Home Alaturka Palestinians await return of stranded Turkish bride

Palestinians await return of stranded Turkish bride

By Kaamil Ahmed

JERUSALEM (AA) – A large wedding portrait of Yasser Dais, 28, and his Turkish wife, Ozge Derilgen, 26, still hangs in their living room — even while the home lies empty.

The couple was forced to move from their second-floor quarters in the Dais family home in the Israeli-occupied West Bank city of Hebron to neighboring Jordan after a long — and so far unsuccessful — fight to obtain an Israeli visa for Derilgen.

They now keep in touch with Dais’s parents, Lina and Nadir, through almost daily video calls, which are full of smiles that quickly turn to tears once the calls end.

“I love Ozge as I love my own daughter,” Lina Dais told Anadolu Agency. “She always spent time with us when she was here.”

“We were really close and now we miss her,” she said. “For a month after she left, I couldn’t hold back my tears.”

Dais had been studying Turkish while Derilgen had been studying economics when the two met at Erciyes University in central Turkey’s city of Kayseri in 2013.

They were married by January of 2014 and soon moved to Hebron, paying a 30,000-shekel deposit so that Derilgen might obtain an Israeli visa.

The Israeli authorities refused to renew her visa, however, and refused to give her a residency permit, according to the family.

This meant that, when Derilgen had to return to Turkey 18 months later to visit her sickly mother, she was unable to come back to Hebron.
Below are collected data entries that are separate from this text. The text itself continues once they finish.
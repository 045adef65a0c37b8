-- ===== src/Analysis/Incremental/Sorting.antt =====
-- A queue of libtatum/tatum/graph_walkers/SerialIncrWalker.hpp after the nodes of a level are sorted.
use tatum.Prelude.{
  ℕ, suc, ◌<◌, ◌≡◌, refl, ◌∙◌, ap, inl, inr, Bool, true, false, List, [], ◌∷◌, arith, length,
  get_or, set, ◌==◌, if◌then◌else◌, get_or-set, length-set, Bool-cases,
}
use tatum.Container.{same_id}
use tatum.Graph.{TimingGraph, NodeId}
use tatum.Graph.Search.{id_before}
use tatum.Analysis.Queue.{Queue}
use tatum.Analysis.Queue.Marks.{count}
use tatum.Analysis.Queue.Contents.{IsQueue}
use tatum.Analysis.Incremental.{place, sort}

swap :
    (a b : Bool) (m : ℕ)
    → (if b then suc (if a then suc m else m) else (if a then suc m else m))
      ≡ (if a then suc (if b then suc m else m) else (if b then suc m else m))
swap true true m = refl
swap true false m = refl
swap false true m = refl
swap false false m = refl

-- An id more, in its place.
count-place : (n x : NodeId) (xs : List NodeId) → count n (place x xs) ≡ count n (x ∷ xs)
unfolding place
count-place n x [] = refl
count-place n x (y ∷ ys) = elim (Bool-cases (id_before y x)) [
  | inl before ↦ rw before (rw (count-place n x ys) (swap (same_id x n) (same_id y n) (count n ys)))
  | inr after ↦ rw after refl
]

pub count-sort : (n : NodeId) (xs : List NodeId) → count n (sort xs) ≡ count n xs
unfolding sort
count-sort n [] = refl
count-sort n (x ∷ xs) =
    count-place n x (sort xs) ∙ ap (λ c. if same_id x n then suc c else c) (count-sort n xs)

-- The nodes of a level are sorted.
abbrev pub sort_level : ℕ → Queue → Queue
sort_level level q = record q {
  nodes_to_process = set q.nodes_to_process level (sort (get_or q.nodes_to_process level []));
}

module _ (tg : TimingGraph) (level : ℕ) (q : Queue) where
  -- The lists have the nodes that they had.
  pub sort_level-IsQueue :
      level < length q.nodes_to_process → IsQueue tg q → IsQueue tg (sort_level level q)
  unfolding sort
  sort_level-IsQueue in_range h = record {
    once = λ n l.
        rw
          (get_or-set q.nodes_to_process level l (sort (get_or q.nodes_to_process level [])) []
            in_range)
          (elim (Bool-cases (level == l)) [
            | inl here ↦
                let is_l : level ≡ l = ground (arith, here) in
                rw (here, count-sort n (get_or q.nodes_to_process level []), h.once n level, is_l)
                  refl
            | inr away ↦ rw (away, h.once n l) refl
          ]);
    range = λ l out.
        rw
          (get_or-set q.nodes_to_process level l (sort (get_or q.nodes_to_process level [])) []
            in_range)
          (elim (Bool-cases (level == l)) [
            | inl here ↦
                let is_l : level ≡ l = ground (arith, here) in rw (here, is_l, h.range l out) refl
            | inr away ↦ rw away (h.range l out)
          ]);
    bound =
        rw (length-set q.nodes_to_process level (sort (get_or q.nodes_to_process level [])))
          h.bound;
  }
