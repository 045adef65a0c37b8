-- ===== src/Analysis/IncrTraversal/Levels.antt =====
-- The loops on the levels in libtatum/tatum/graph_walkers/SerialIncrWalker.hpp: they end.
use tatum.Prelude.{
  ℕ, zero, suc, ◌+◌, ◌<◌, ◌≤◌, ◌∙◌, inl, inr, some, [], arith, length, get_or, ltb, leb, ◌==◌,
  length-set, get_elem?_out, Bool-cases, ltb→lt,
}
use tatum.Result.{ok, err, out_of_range, for_each}
use tatum.Result.Ends.{Ends, Ends-branch, Ends-bind, Ends-for_each}
use tatum.Container.{at}
use tatum.Container.Laws.{at_in, store_in}
use tatum.Time.{Float}
use tatum.Graph.{TimingGraph, NodeId, node_in_edges}
use tatum.Constraints.{TimingConstraints}
use tatum.Analysis.{DelayCalculator}
use tatum.Analysis.Visitor.{GraphVisitor}
use tatum.Analysis.Incremental.{IncrWalk, sort}
use tatum.Analysis.Incremental.Sorting.{sort_level, sort_level-IsQueue}
use tatum.Analysis.IncrTraversal.{
  on_tables, on_node, update_arrival, update_required, arrival_level, required_level,
  arrival_levels, required_levels, do_required_traversal, update_node_slack, do_update_slack,
}
use tatum.Analysis.IncrTraversal.Enqueue.{IsSound, Keeps, at-Ends}
use tatum.Analysis.IncrTraversal.Keep.{
  Finishes, on_tables-Keeps, on_node-Keeps, update_arrival-Keeps, update_required-Keeps,
}

module _ (F : Float) {S : Type 0} (visitor : GraphVisitor F S) (finishes : Finishes visitor)
    (tg : TimingGraph) (n : ℕ) where
  module _ (tc : TimingConstraints F) (dc : DelayCalculator F) where
    module _ (level : ℕ) (w : IncrWalk S) (h : IsSound tg n w) where
      arrival_level-Ends : Ends (IsSound tg n) (arrival_level F visitor tg tc dc level w)
      unfolding arrival_level
      arrival_level-Ends =
          let lists = w.incr_arr_update.nodes_to_process in
          let nodes = get_or lists level [] in
          elim (Bool-cases (ltb level (length lists))) [
            | inr out ↦
                rw (arrival_level, get_elem?_out lists level (ground (arith, out))) (λ e. cc)
            | inl inside ↦
                let in_range = ltb→lt level (length lists) inside in
                let start = record w { incr_arr_update = sort_level level w.incr_arr_update } in
                rw
                  (
                    arrival_level,
                    at_in lists level [] in_range,
                    store_in lists level (sort nodes) in_range,
                  )
                  (Ends-bind (IsSound tg n) (IsSound tg n)
                    (for_each (sort nodes) start (update_arrival F visitor tg tc dc)) _
                    (Ends-for_each (IsSound tg n) (sort nodes) start _
                      record {
                        queued = record {
                          arr = sort_level-IsQueue tg level w.incr_arr_update in_range h.queued.arr;
                          req = h.queued.req;
                          arr_len = length-set lists level (sort nodes) ∙ h.queued.arr_len;
                          req_len = h.queued.req_len;
                        };
                        invalidated = h.invalidated;
                      }
                      (update_arrival-Keeps F visitor finishes tg n tc dc))
                    (λ w' sound.
                      Ends-bind (λ after. Unit {0}) (IsSound tg n)
                        (at w'.incr_arr_update.nodes_to_process (some level)) _
                        (at-Ends w'.incr_arr_update.nodes_to_process (some level))
                        (λ after found.
                          Ends-branch (IsSound tg n) (length after == length nodes) (ok w')
                            (err out_of_range) (λ same. sound) (λ more e. cc))))
          ]

      required_level-Ends : Ends (IsSound tg n) (required_level F visitor tg tc dc level w)
      unfolding required_level
      required_level-Ends =
          let lists = w.incr_req_update.nodes_to_process in
          let nodes = get_or lists level [] in
          elim (Bool-cases (ltb level (length lists))) [
            | inr out ↦
                rw (required_level, get_elem?_out lists level (ground (arith, out))) (λ e. cc)
            | inl inside ↦
                let in_range = ltb→lt level (length lists) inside in
                let start = record w { incr_req_update = sort_level level w.incr_req_update } in
                rw
                  (
                    required_level,
                    at_in lists level [] in_range,
                    store_in lists level (sort nodes) in_range,
                  )
                  (Ends-bind (IsSound tg n) (IsSound tg n)
                    (for_each (sort nodes) start (update_required F visitor tg tc dc)) _
                    (Ends-for_each (IsSound tg n) (sort nodes) start _
                      record {
                        queued = record {
                          arr = h.queued.arr;
                          req = sort_level-IsQueue tg level w.incr_req_update in_range h.queued.req;
                          arr_len = h.queued.arr_len;
                          req_len = length-set lists level (sort nodes) ∙ h.queued.req_len;
                        };
                        invalidated = h.invalidated;
                      }
                      (update_required-Keeps F visitor finishes tg n tc dc))
                    (λ w' sound.
                      Ends-bind (λ after. Unit {0}) (IsSound tg n)
                        (at w'.incr_req_update.nodes_to_process (some level)) _
                        (at-Ends w'.incr_req_update.nodes_to_process (some level))
                        (λ after found.
                          Ends-branch (IsSound tg n) (length after == length nodes) (ok w')
                            (err out_of_range) (λ same. sound) (λ more e. cc))))
          ]

    -- A level that the loop goes to is one of `n`, so that as many rounds, and one, are enough.
    pub arrival_levels-Ends :
        (rounds level : ℕ) (w : IncrWalk S)
        → 0 < rounds
        → n < level + rounds
        → IsSound tg n w
        → Ends (IsSound tg n) (arrival_levels F visitor tg tc dc rounds level w)
    unfolding arrival_levels
    arrival_levels-Ends zero level w some_left enough h = absurd (omega arith)
    arrival_levels-Ends (suc rounds) level w some_left enough h =
        Ends-branch (IsSound tg n) (leb level w.incr_arr_update.max_level) _ _
          (λ within.
            Ends-bind (IsSound tg n) (IsSound tg n) (arrival_level F visitor tg tc dc level w) _
              (arrival_level-Ends level w h)
              (λ w' sound.
                let at_most : level ≤ w.incr_arr_update.max_level = ground (arith, within) in
                let below : level < n = omega (arith, h.queued.arr_len, h.queued.arr.bound) in
                arrival_levels-Ends rounds (suc level) w' (omega arith) (omega arith) sound))
          (λ past. h)

    required_levels-Ends : (level : ℕ) → Keeps tg n (required_levels F visitor tg tc dc level)
    unfolding required_levels
    required_levels-Ends zero w h = h
    required_levels-Ends (suc level) w h =
        Ends-branch (IsSound tg n) (leb w.incr_req_update.min_level level) _ _
          (λ within.
            Ends-bind (IsSound tg n) (IsSound tg n) (required_level F visitor tg tc dc level w) _
              (required_level-Ends level w h) (λ w' sound. required_levels-Ends level w' sound))
          (λ past. h)

    pub do_required_traversal-Keeps : Keeps tg n (do_required_traversal F visitor tg tc dc)
    unfolding do_required_traversal
    do_required_traversal-Keeps w h = required_levels-Ends (suc w.incr_req_update.max_level) w h

  module _ (dc : DelayCalculator F) where
    update_node_slack-Keeps : (id : NodeId) → Keeps tg n (update_node_slack F visitor tg dc id)
    unfolding update_node_slack
    update_node_slack-Keeps id w h =
        Ends-bind (λ es. Unit {0}) (IsSound tg n) (node_in_edges tg id) _
          (at-Ends tg.node_in_edges id)
          (λ in_edges found.
            Ends-bind (IsSound tg n) (IsSound tg n)
              (on_tables F visitor tg (λ s. for_each in_edges s visitor.reset_edge) w) _
              (on_tables-Keeps F visitor finishes tg n (λ s. for_each in_edges s visitor.reset_edge)
                (λ s.
                  Ends-for_each (λ t. Unit {0}) in_edges s visitor.reset_edge tt
                    (λ edge t finished. finishes.reset_edge edge t))
                w h)
              (λ w' sound.
                Ends-bind (IsSound tg n) (IsSound tg n)
                  (on_tables F visitor tg (visitor.reset_node_slack_tags id) w') _
                  (on_tables-Keeps F visitor finishes tg n (visitor.reset_node_slack_tags id)
                    (finishes.reset_slack id) w' sound)
                  (λ w'' sound'.
                    Ends-bind (λ r. IsSound tg n r.1) (IsSound tg n)
                      (on_node F visitor tg (visitor.slack_traverse_node tg dc id) w'') _
                      (on_node-Keeps F visitor finishes tg n (visitor.slack_traverse_node tg dc id)
                        w'' (finishes.slack tg dc id) sound')
                      (λ r sound''. sound''))))

    pub do_update_slack-Keeps : Keeps tg n (do_update_slack F visitor tg dc)
    unfolding do_update_slack
    do_update_slack-Keeps w h =
        Ends-for_each (IsSound tg n) (sort w.nodes_modified)
          (record w { nodes_modified = sort w.nodes_modified }) _
          record {
            queued = record {
              arr = h.queued.arr;
              req = h.queued.req;
              arr_len = h.queued.arr_len;
              req_len = h.queued.req_len;
            };
            invalidated = h.invalidated;
          }
          update_node_slack-Keeps
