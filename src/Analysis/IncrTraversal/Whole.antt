-- ===== src/Analysis/IncrTraversal/Whole.antt =====
-- The traversals of libtatum/tatum/graph_walkers/SerialIncrWalker.hpp, as wholes: they end.
use tatum.Prelude.{ℕ, suc, sym, Bool, List, [], ◌∷◌, arith, length}
use tatum.Result.{Result, ok}
use tatum.Result.Ends.{Ends, Ends-bind, Ends-for_each, Ends-check}
use tatum.Container.{at}
use tatum.Time.{Float}
use tatum.Graph.{TimingGraph, NodeId, LevelId, level_nodes, logical_outputs}
use tatum.Constraints.{TimingConstraints}
use tatum.Analysis.{DelayCalculator}
use tatum.Analysis.Visitor.{GraphVisitor}
use tatum.Analysis.Walker.{count_unconstrained, first_level}
use tatum.Analysis.Incremental.{IncrWalk, prepare_incr_update, prepare_edge, clear_modified}
use tatum.Analysis.Incremental.Prepare.{HasLevels, IsReady, cleared_queue}
use tatum.Analysis.IncrTraversal.{
  do_arrival_pre_traversal, do_required_pre_traversal, do_arrival_traversal,
}
use tatum.Analysis.IncrTraversal.Enqueue.{IsSound, at-Ends, prepare_edge-Keeps}
use tatum.Analysis.IncrTraversal.Keep.{Finishes}
use tatum.Analysis.IncrTraversal.Levels.{arrival_levels-Ends}

module _ {S : Type 0} (tg : TimingGraph) (n : ℕ) (g : HasLevels tg n) where
  prepare_incr_update-Ends :
      (w : IncrWalk S) → IsReady tg n w → Ends (IsSound tg n) (prepare_incr_update tg w)
  unfolding prepare_incr_update
  prepare_incr_update-Ends w h =
      let (arr, arr_run, arr_is) = cleared_queue tg n w.incr_arr_update g h.arr_range h.arr_in in
      let (req, req_run, req_is) = cleared_queue tg n w.incr_req_update g h.req_range h.req_in in
      let start = record (clear_modified w) { incr_arr_update = arr; incr_req_update = req } in
      rw (prepare_incr_update, g.is_levels, sym g.many, arr_run, req_run)
        (Ends-for_each (IsSound tg n) w.invalidated_edges start (prepare_edge tg)
          record {
            queued = record {
              arr = arr_is.0;
              req = req_is.0;
              arr_len = arr_is.1;
              req_len = req_is.1;
            };
            invalidated = h.invalidated;
          }
          (prepare_edge-Keeps tg n))

first_level-Ends : (ids : List LevelId) → Ends (λ level. Unit {0}) (first_level ids)
first_level-Ends [] = λ e. cc
first_level-Ends (level ∷ ids) = tt

module _ (F : Float) {S : Type 0} (visitor : GraphVisitor F S) (finishes : Finishes visitor)
    (tg : TimingGraph) (n : ℕ) (g : HasLevels tg n) where
  count_unconstrained-Ends :
      (run : NodeId → S → Result (Bool × S))
      → ((id : NodeId) (s : S) → Ends (λ r. Unit {0}) (run id s))
      → (nodes : List NodeId) (count : ℕ) (s : S)
      → Ends (λ r. Unit {0}) (count_unconstrained run nodes count s)
  unfolding count_unconstrained
  count_unconstrained-Ends run ends [] count s = tt
  count_unconstrained-Ends run ends (id ∷ ids) count s =
      Ends-bind (λ r. Unit {0}) (λ r. Unit {0}) (run id s) _ (ends id s)
        (λ r finished. count_unconstrained-Ends run ends ids _ r.1)

  module _ (tc : TimingConstraints F) where
    pub do_arrival_pre_traversal-Ends :
        (w : IncrWalk S)
        → IsReady tg n w
        → Ends (IsReady tg n) (do_arrival_pre_traversal F visitor tg tc w)
    unfolding do_arrival_pre_traversal
    do_arrival_pre_traversal-Ends w h =
        rw (do_arrival_pre_traversal, g.is_levels)
          (Ends-bind (λ level. Unit {0}) (IsReady tg n) (first_level g.ids) _
            (first_level-Ends g.ids)
            (λ level found.
              Ends-bind (λ nodes. Unit {0}) (IsReady tg n) (level_nodes tg level) _
                (Ends-check (λ nodes. Unit {0}) tg.is_levelized (at tg.level_nodes level)
                  (λ levelized. at-Ends tg.level_nodes level))
                (λ nodes found'.
                  Ends-bind (λ r. Unit {0}) (IsReady tg n)
                    (count_unconstrained (visitor.arrival_pre_traverse_node tg tc) nodes 0 w.tables)
                    _
                    (count_unconstrained-Ends (visitor.arrival_pre_traverse_node tg tc)
                      (finishes.arrival_pre tg tc) nodes 0 w.tables)
                    (λ r finished. record {
                      invalidated = h.invalidated;
                      arr_range = h.arr_range;
                      req_range = h.req_range;
                      arr_in = h.arr_in;
                      req_in = h.req_in;
                    }))))

    pub do_required_pre_traversal-Ends :
        (w : IncrWalk S)
        → IsSound tg n w
        → Ends (IsSound tg n) (do_required_pre_traversal F visitor tg tc w)
    unfolding do_required_pre_traversal
    do_required_pre_traversal-Ends w h =
        Ends-bind (λ nodes. Unit {0}) (IsSound tg n) (logical_outputs tg) _
          (Ends-check (λ nodes. Unit {0}) tg.is_levelized (ok tg.logical_outputs) (λ levelized. tt))
          (λ nodes found.
            Ends-bind (λ r. Unit {0}) (IsSound tg n)
              (count_unconstrained (visitor.required_pre_traverse_node tg tc) nodes 0 w.tables) _
              (count_unconstrained-Ends (visitor.required_pre_traverse_node tg tc)
                (finishes.required_pre tg tc) nodes 0 w.tables)
              (λ r finished. record {
                queued = record {
                  arr = h.queued.arr;
                  req = h.queued.req;
                  arr_len = h.queued.arr_len;
                  req_len = h.queued.req_len;
                };
                invalidated = h.invalidated;
              }))

    module _ (dc : DelayCalculator F) where
      pub do_arrival_traversal-Ends :
          (w : IncrWalk S)
          → IsReady tg n w
          → Ends (IsSound tg n) (do_arrival_traversal F visitor tg tc dc w)
      unfolding do_arrival_traversal
      do_arrival_traversal-Ends w h =
          Ends-bind (IsSound tg n) (IsSound tg n) (prepare_incr_update tg w) _
            (prepare_incr_update-Ends tg n g w h)
            (λ w' sound.
              arrival_levels-Ends F visitor finishes tg n tc dc
                (suc (suc (length w'.incr_arr_update.nodes_to_process)))
                w'.incr_arr_update.min_level w' (omega arith) (omega (arith, sound.queued.arr_len))
                sound)
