-- ===== src/Analysis/Analyzers/Ends.antt =====
-- The updates of the incremental analyzers in libtatum/tatum/analyzers/, one after the other.
use tatum.Prelude.{ℕ, ◌<◌, ◌≡◌, refl, subst, Bool, true, false, not}
use tatum.Result.{for_each}
use tatum.Result.Ends.{Ends, Ends-bind, Ends-mono, Ends-for_each, Ends-check}
use tatum.Time.{Float}
use tatum.Graph.{TimingGraph, EdgeId}
use tatum.Constraints.{TimingConstraints}
use tatum.Analysis.{DelayCalculator}
use tatum.Analysis.Visitor.{GraphVisitor}
use tatum.Analysis.Queue.Clear.{is_marked-none}
use tatum.Analysis.Incremental.{IncrWalk, invalidate_edge, clear_invalidated_edges}
use tatum.Analysis.Incremental.Prepare.{HasLevels, IsReady}
use tatum.Analysis.IncrTraversal
use tatum.Analysis.IncrTraversal.Whole.{
  do_arrival_pre_traversal-Ends, do_required_pre_traversal-Ends, do_arrival_traversal-Ends,
}
use tatum.Analysis.IncrTraversal.Enqueue.{IsSound, invalidate_edge-Ends}
use tatum.Analysis.IncrTraversal.Keep.{Finishes}
use tatum.Analysis.IncrTraversal.Levels.{do_required_traversal-Keeps, do_update_slack-Keeps}
use tatum.Analysis.Analyzers.{
  IncrAnalyzer, first_arrival, first_required, update_incremental, update_part,
}

module _ {S : Type 0} (tg : TimingGraph) (n : ℕ) where
  invalidate_edge-IsReady :
      (edge : EdgeId) (w : IncrWalk S)
      → IsReady tg n w
      → Ends (IsReady tg n) (invalidate_edge edge w)
  invalidate_edge-IsReady edge w h =
      Ends-mono _ (IsReady tg n) (invalidate_edge edge w)
        (invalidate_edge-Ends edge w h.invalidated)
        (λ w' kept. record {
          invalidated = kept.0;
          arr_range = rw kept.1.arr h.arr_range;
          req_range = rw kept.1.req h.req_range;
          arr_in = rw kept.1.arr h.arr_in;
          req_in = rw kept.1.req h.req_in;
        })

  -- Between two updates.
  IsSound-IsReady : (w : IncrWalk S) → IsSound tg n w → IsReady tg n w
  IsSound-IsReady w h = record {
    invalidated = h.invalidated;
    arr_range = h.queued.arr.range;
    req_range = h.queued.req.range;
    arr_in = subst (λ x. w.incr_arr_update.max_level < x) h.queued.arr_len h.queued.arr.bound;
    req_in = subst (λ x. w.incr_req_update.max_level < x) h.queued.req_len h.queued.req.bound;
  }

  clear_invalidated_edges-IsReady :
      (w : IncrWalk S) → IsSound tg n w → IsReady tg n (clear_invalidated_edges w)
  clear_invalidated_edges-IsReady w h =
      let ready = IsSound-IsReady w h in
      record {
        invalidated = λ e. rw (is_marked-none e) refl;
        arr_range = ready.arr_range;
        req_range = ready.req_range;
        arr_in = ready.arr_in;
        req_in = ready.req_in;
      }

module _ (F : Float) {S : Type 0} (visitor : GraphVisitor F S) (finishes : Finishes visitor)
    (tg : TimingGraph) (n : ℕ) (g : HasLevels tg n) (tc : TimingConstraints F)
    (dc : DelayCalculator F) where
  first_arrival-Ends :
      (never : Bool) (w : IncrWalk S)
      → IsReady tg n w
      → Ends (IsReady tg n) (first_arrival F tg tc dc visitor never w)
  first_arrival-Ends false w h = h
  first_arrival-Ends true w h =
      Ends-bind (IsReady tg n) (IsReady tg n) (for_each tg.edge_ids w invalidate_edge) _
        (Ends-for_each (IsReady tg n) tg.edge_ids w invalidate_edge h
          (λ edge t ready. invalidate_edge-IsReady tg n edge t ready))
        (λ w' ready. do_arrival_pre_traversal-Ends F visitor finishes tg n g tc w' ready)

  first_required-Ends :
      (never : Bool) (w : IncrWalk S)
      → IsSound tg n w
      → Ends (IsSound tg n) (first_required F tg tc dc visitor never w)
  first_required-Ends false w h = h
  first_required-Ends true w h = do_required_pre_traversal-Ends F visitor finishes tg n g tc w h

  -- On a graph with levels, with a visitor whose operations come to an end, an incremental update from a
  -- walker that is ready does not use up its rounds: it stops with a fault, or returns and leaves the
  -- walker ready for the next update, with an analyzer that counts as updated.
  pub update_incremental-Ends :
      (a : IncrAnalyzer S)
      → IsReady tg n a.graph_walker
      → Ends
          (λ a'. IsReady tg n a'.graph_walker × (a'.never_updated ≡ false))
          (update_incremental F tg tc dc visitor a)
  unfolding update_incremental
  update_incremental-Ends a h =
      Ends-bind (IsReady tg n) _ (first_arrival F tg tc dc visitor a.never_updated a.graph_walker) _
        (first_arrival-Ends a.never_updated a.graph_walker h)
        (λ started ready.
          Ends-bind (IsSound tg n) _ (IncrTraversal.do_arrival_traversal F visitor tg tc dc started)
            _ (do_arrival_traversal-Ends F visitor finishes tg n g tc dc started ready)
            (λ arrived sound.
              Ends-bind (IsSound tg n) _ (first_required F tg tc dc visitor a.never_updated arrived)
                _ (first_required-Ends a.never_updated arrived sound)
                (λ ended sound'.
                  Ends-bind (IsSound tg n) _
                    (IncrTraversal.do_required_traversal F visitor tg tc dc ended) _
                    (do_required_traversal-Keeps F visitor finishes tg n tc dc ended sound')
                    (λ required sound''.
                      Ends-bind (IsSound tg n) _
                        (IncrTraversal.do_update_slack F visitor tg dc required) _
                        (do_update_slack-Keeps F visitor finishes tg n dc required sound'')
                        (λ slacks last.
                          (clear_invalidated_edges-IsReady tg n slacks last, refl))))))

  -- An analyzer of both that has updated.
  pub update_part-Ends :
      (a : IncrAnalyzer S)
      → IsReady tg n a.graph_walker
      → Ends (λ a'. IsReady tg n a'.graph_walker) (update_part F tg tc dc visitor a)
  unfolding update_part
  update_part-Ends a h =
      Ends-check (λ a'. IsReady tg n a'.graph_walker) (not a.never_updated) _
        (λ updated.
          Ends-bind (IsSound tg n) _
            (IncrTraversal.do_arrival_traversal F visitor tg tc dc a.graph_walker) _
            (do_arrival_traversal-Ends F visitor finishes tg n g tc dc a.graph_walker h)
            (λ arrived sound.
              Ends-bind (IsSound tg n) _
                (IncrTraversal.do_required_traversal F visitor tg tc dc arrived) _
                (do_required_traversal-Keeps F visitor finishes tg n tc dc arrived sound)
                (λ required sound'.
                  Ends-bind (IsSound tg n) _
                    (IncrTraversal.do_update_slack F visitor tg dc required) _
                    (do_update_slack-Keeps F visitor finishes tg n dc required sound')
                    (λ slacks last. IsSound-IsReady tg n slacks last))))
“I’m calling on Turkish President Recep Tayyip Erdogan to help us because, while my son is stateless, Ozge is a Turkish citizen,” Lina said.

“The [Ramallah-based] Palestinian Authority has no power to bring her back,” she lamented. “So I’m begging Erdogan to help us.”

Nadir, the father, said his son’s basic right to a family was being denied, noting that the family had recently hired a Jerusalem lawyer to fight for Derilgen’s return.

When Derilgen was first denied a visa by Israel’s diplomatic mission in Turkey, Yasser moved there to live with her. But the lack of work later forced both of them to relocate to Jordan in January.

Before the move, Yasser had been working with his brothers at their family’s three mobile-phone shops in Hebron, which Nadir says are struggling without his son’s help.

Both parents say the family is struggling to get through the current “difficult days” but continue to hold out hope for the couple’s eventual return to Hebron.

“I want God to show us the day they come together in their country,” said Lina. “This is their most basic right.”